SATURATION: What’s All the Flux About?
Transformers have saturation problems that limit their capabilities at low frequencies.
In fact, a transformer that is doing a great job at 100 Hz can be an amplifier killer just an octave lower.
What happens when a distribution transformer saturates? What does saturation sound like? Does this mean you have to high pass all your HV systems?
These and other questions are answered below.
What Happens When a Transformer Saturates?
Transformers transfer power from winding to winding by coupling through mutual magnetic fields. This transfer of power is amazingly efficient, and it happens with or without a core.
However, the iron core plays two essential roles:
1) The core contains the magnetic fields. Without a core, significant portions of the magnetic fields balloon out around the windings, reducing mutual coupling and potentially causing interference problems.

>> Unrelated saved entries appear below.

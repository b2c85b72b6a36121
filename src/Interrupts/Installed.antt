-- ===== src/Interrupts/Installed.antt =====
-- kernel/exceptions.cpp, `initialize_exceptions`: the gates and the bytes for the controller.
use bare_metal_programming.Prelude.{
  ℕ, ◌+◌, ◌*◌, ◌/◌, ◌^◌, ◌<◌, ◌≡◌, refl, arith, bit_and-ones, true, false, Bool, ◌==◌, ◌||◌,
  if◌then◌else◌, List, ◌∷◌, get_or,
}
use bare_metal_programming.Interrupts.{
  at_controller, Ports, pic_remap, mask_all_except_timer_and_keyboard,
}
use bare_metal_programming.Interrupts.Gates.{
  IdtEntry, empty_entry, idt_entry_table, set_interrupt_gate, cpu_interrupt_list,
  hardware_interrupt_list, install_exception, install_all, initialize_exceptions,
}
use bare_metal_programming.Interrupts.Table.{if_cases, get_or-replicate, get_or-set}

-- The vectors of the two lists.
abbrev pub is_listed : ℕ → Bool
is_listed v = v == 0 || v == 6 || v == 13 || v == 14 || v == 32 || v == 33

pub data Gate (stub : ℕ → ℕ) (v : ℕ) (entry : IdtEntry) : Type 0 where
  filled :
      is_listed v ≡ true
      → entry.offset_low + entry.offset_high * 65536 ≡ stub v
      → entry.selector ≡ 8
      → entry.type_attributes ≡ 0x8E
      → Gate stub v entry
  unused : is_listed v ≡ false → entry ≡ empty_entry → Gate stub v entry

pub record Initialized (stub : ℕ → ℕ) (master_mask slave_mask : ℕ) (ports : Ports)
    (result : List IdtEntry × Ports) : Type 0 where
  pub gates : (v : ℕ) → Gate stub v (get_or result.0 v empty_entry)
  pub master :
      at_controller 0x20 0x21 result.1
      ≡ (0x21, 0xFC)
        ∷ (0x21, master_mask)
        ∷ (0x21, 0x01)
        ∷ (0x21, 0x04)
        ∷ (0x21, 32)
        ∷ (0x20, 0x11)
        ∷ at_controller 0x20 0x21 ports
  pub slave :
      at_controller 0xA0 0xA1 result.1
      ≡ (0xA1, 0xFF)
        ∷ (0xA1, slave_mask)
        ∷ (0xA1, 0x01)
        ∷ (0xA1, 0x02)
        ∷ (0xA1, 40)
        ∷ (0xA0, 0x11)
        ∷ at_controller 0xA0 0xA1 ports

module _ (stub : ℕ → ℕ) (in_range : (v : ℕ) → stub v < 2 ^ 32) where
  gate_of : ℕ → IdtEntry
  gate_of v = get_or (set_interrupt_gate 0 (stub v) 0x08 0x8E idt_entry_table) 0 empty_entry

  gates_lem :
      (v : ℕ)
      → get_or
          (install_all stub hardware_interrupt_list
            (install_all stub cpu_interrupt_list idt_entry_table))
          v
          empty_entry
        ≡ (if v == 33
            then gate_of 33
            else if v == 32
            then gate_of 32
            else if v == 14
            then gate_of 14
            else if v == 13
            then gate_of 13
            else if v == 6
            then gate_of 6
            else if v == 0
            then gate_of 0
            else empty_entry)
  unfolding install_all install_exception set_interrupt_gate gate_of
  gates_lem v = simp (get_or-set, get_or-replicate)

  gate_of-Gate : (v n : ℕ) → v ≡ n → is_listed v ≡ true → Gate stub v (gate_of n)
  unfolding gate_of set_interrupt_gate
  gate_of-Gate v n e l =
      let bound = in_range n in
      filled l (rw e (ground (arith, bit_and-ones 16 (stub n), bit_and-ones 16 (stub n / 2 ^ 16))))
        refl refl

  -- After `initialize_exceptions`, for stubs at addresses of 32 bits: exactly the vectors of the two
  -- lists have a gate, with the stub's address, the code selector and the attributes of an interrupt
  -- gate, and each controller got, in this order, its start, its first vector (32 and 40), its place,
  -- its mode, its old mask and the mask that leaves only timer and keyboard.
  pub initialize_exceptions-Initialized :
      (master_mask slave_mask : ℕ) (ports : Ports)
      → Initialized stub master_mask slave_mask ports
          (initialize_exceptions stub master_mask slave_mask (idt_entry_table, ports))
  unfolding initialize_exceptions pic_remap mask_all_except_timer_and_keyboard at_controller
  initialize_exceptions-Initialized master_mask slave_mask ports = record {
    gates = λ v. rw (gates_lem v) (gates_of v);
    master = refl;
    slave = refl;
  }
    where
      gates_of :
          (v : ℕ)
          → Gate stub v (
              if v == 33
              then gate_of 33
              else if v == 32
              then gate_of 32
              else if v == 14
              then gate_of 14
              else if v == 13
              then gate_of 13
              else if v == 6
              then gate_of 6
              else if v == 0
              then gate_of 0
              else empty_entry)
      gates_of v =
          let hit = gate_of-Gate v in
          if_cases (Gate stub v) (v == 33) _ _ (λ e. hit 33 (ground (arith, e)) (ground (arith, e)))
            (λ a.
              if_cases (Gate stub v) (v == 32) _ _
                (λ e. hit 32 (ground (arith, e)) (ground (arith, e)))
                (λ b.
                  if_cases (Gate stub v) (v == 14) _ _
                    (λ e. hit 14 (ground (arith, e)) (ground (arith, e)))
                    (λ c.
                      if_cases (Gate stub v) (v == 13) _ _
                        (λ e. hit 13 (ground (arith, e)) (ground (arith, e)))
                        (λ d.
                          if_cases (Gate stub v) (v == 6) _ _
                            (λ e. hit 6 (ground (arith, e)) (ground (arith, e)))
                            (λ f.
                              if_cases (Gate stub v) (v == 0) _ _
                                (λ e. hit 0 (ground (arith, e)) (ground (arith, e)))
                                (λ g. unused (rw (a, b, c, d, f, g) refl) refl))))))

2) The magnetic field in the core itself opposes uncoupled current flow in the primary. This is why the transformer primary, even though it is made of heavy copper wire, does not normally act like a short.
NOTE: Without a core, the primary does act like a short, and a saturated core is not much better than no core.
Here are the primary voltage (top) and current (bottom) oscilloscope traces for a distribution transformer entering saturation toward the end of each half cycle of input. Both waveforms should be sinusoidal, but the spikes on the current waveform are due to saturation.
Notice that the power amplifier, in this case, is still doing a good job of delivering a sine wave, in spite of the current spikes. A less-robust power amplifier would show noticeable distortion coinciding with each spike. The coupling between primary and secondary is not much affected by core saturation. However, during saturation, the DC resistance of the primary suddenly appears in parallel. The power amplifier tries to maintain its output voltage, but the load impedance has taken a sudden dive.
Core saturation happens when the magnetic field in the core reaches its maximum possible density, which is what happens when the applied voltage polarity remains the same for too long.
NOTE: Saturation has nothing to do with power delivery: the onset of saturation depends only on the voltage waveform applied to the primary.
To reinforce this point, the next graphic shows amplifier voltage and current with an unloaded (open circuit) secondary. The current waveform stays near zero until the volt-seconds limit of the primary is reached.
For audio signals, core saturation is more likely as you lower the frequency and raise the applied voltage. In the preceding photo, the input was 20 Vrms at 25 Hz. The onset of saturation depends on voltage and time, so expect to see a similar problem for 40 Vrms and 50 Hz.
NOTE: The saturation voltage of a transformer rises linearly with frequency. This means that power handling capability declines with the inverse square of the frequency.
It should be no surprise that DC voltages are a serious problem for transformers, since DC is like zero frequency. Indeed, dc offsets of a few tens or hundreds of millivolts can asymmetrically saturate a transformer, meaning that saturation current spikes will occur primarily on one signal polarity.
For this reason, some power amplifiers are a poor match to distribution transformers, This is also one reason why some manufacturers recommend installing resistors and capacitors in series with distribution transformers, further impacting low frequency response. Well-designed power amplifiers have low offsets, and well-designed transformers tolerate a reasonable level of offset.